##### MATERIAL FOR THE TASK #####

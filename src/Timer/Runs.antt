-- ===== src/Timer/Runs.antt =====
-- A concrete manager, and the theorems at concrete inputs.
use cpp_linux_server.Base.{
  ℕ, ◌≡◌, refl, List, [], ◌∷◌, ◌++◌, map, true, false, none, some, ◌*◌, ◌==◌,
}
use cpp_linux_server.Timer.{
  Heap, TimerManager, insert, cancel, reset, list_expired_cb, expire, due, split_expired,
  take_equal, fire, detect_clock_rollover,
}
use cpp_linux_server.Timer.Order.{Sorted}
use cpp_linux_server.Timer.Expiry.{Split, list_expired_cb_lem}
use cpp_linux_server.Timer.Cancel.{cancel_lem}

-- The timer at the address a is due at 100 a, with the callback a; that at 1 recurs.
abbrev hundreds : Heap
hundreds a = record { ms = 50; next = 100 * a; cb = some a; recurring = a == 1 }

abbrev three : TimerManager
three = record { heap = hundreds; timers = 1 ∷ 2 ∷ 3 ∷ []; tickled = false; previous_time = 0 }

three-Sorted : Sorted three.heap three.timers
three-Sorted = ((refl, (refl, tt)), ((refl, tt), (tt, tt)))

-- At 200 the first two are due; the recurring one is in the set again, before the third.
expired_at_200 : (list_expired_cb 200 7 three).0 ≡ some 1 ∷ some 2 ∷ []
unfolding list_expired_cb expire due split_expired take_equal fire detect_clock_rollover insert
expired_at_200 = refl

left_at_200 : (list_expired_cb 200 7 three).1.timers ≡ 1 ∷ 3 ∷ []
unfolding list_expired_cb expire due split_expired take_equal fire detect_clock_rollover insert
left_at_200 = refl

list_expired_cb_lem_example :
    (expired : List ℕ) × (rest : List ℕ) × Split hundreds 200 (1 ∷ 2 ∷ 3 ∷ []) expired rest
    × ((list_expired_cb 200 7 three).0 ≡ map (λ a. (hundreds a).cb) expired)
    × Sorted (list_expired_cb 200 7 three).1.heap (list_expired_cb 200 7 three).1.timers
unfolding detect_clock_rollover
list_expired_cb_lem_example = list_expired_cb_lem 200 7 three three-Sorted refl

cancel_lem_example :
    (m' : TimerManager) × (cancel 2 three ≡ some (true, m'))
    × (m'.timers ≡ (1 ∷ []) ++ (3 ∷ []))
    × Sorted m'.heap m'.timers
    × (cancel 2 m' ≡ some (false, m'))
cancel_lem_example = cancel_lem 2 2 (1 ∷ []) (3 ∷ []) three refl three-Sorted refl

-- A timer without a callback is in no set, and reset to its own interval reports success.
reset_of_cancelled :
    (reset 50 false 0 2
      (record three { heap = λ a. record (hundreds a) { cb = none }; timers = [] })).0
    ≡ (true, false)
unfolding reset
reset_of_cancelled = refl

#####

> WHAT NEEDS TO BE DONE
Beginning at the line that contains "left_at_200 : (list_expired_cb", retype each line of the listing up to and including the last one, exactly as it stands, and nothing else.

> PROBLEM SOLUTION
left_at_200 : (list_expired_cb 200 7 three).1.timers ≡ 1 ∷ 3 ∷ []
unfolding list_expired_cb expire due split_expired take_equal fire detect_clock_rollover insert
left_at_200 = refl

list_expired_cb_lem_example :
    (expired : List ℕ) × (rest : List ℕ) × Split hundreds 200 (1 ∷ 2 ∷ 3 ∷ []) expired rest
    × ((list_expired_cb 200 7 three).0 ≡ map (λ a. (hundreds a).cb) expired)
    × Sorted (list_expired_cb 200 7 three).1.heap (list_expired_cb 200 7 three).1.timers
unfolding detect_clock_rollover
list_expired_cb_lem_example = list_expired_cb_lem 200 7 three three-Sorted refl

cancel_lem_example :
    (m' : TimerManager) × (cancel 2 three ≡ some (true, m'))
    × (m'.timers ≡ (1 ∷ []) ++ (3 ∷ []))
    × Sorted m'.heap m'.timers
    × (cancel 2 m' ≡ some (false, m'))
cancel_lem_example = cancel_lem 2 2 (1 ∷ []) (3 ∷ []) three refl three-Sorted refl

-- A timer without a callback is in no set, and reset to its own interval reports success.
reset_of_cancelled :
    (reset 50 false 0 2
      (record three { heap = λ a. record (hundreds a) { cb = none }; timers = [] })).0
    ≡ (true, false)
unfolding reset
reset_of_cancelled = refl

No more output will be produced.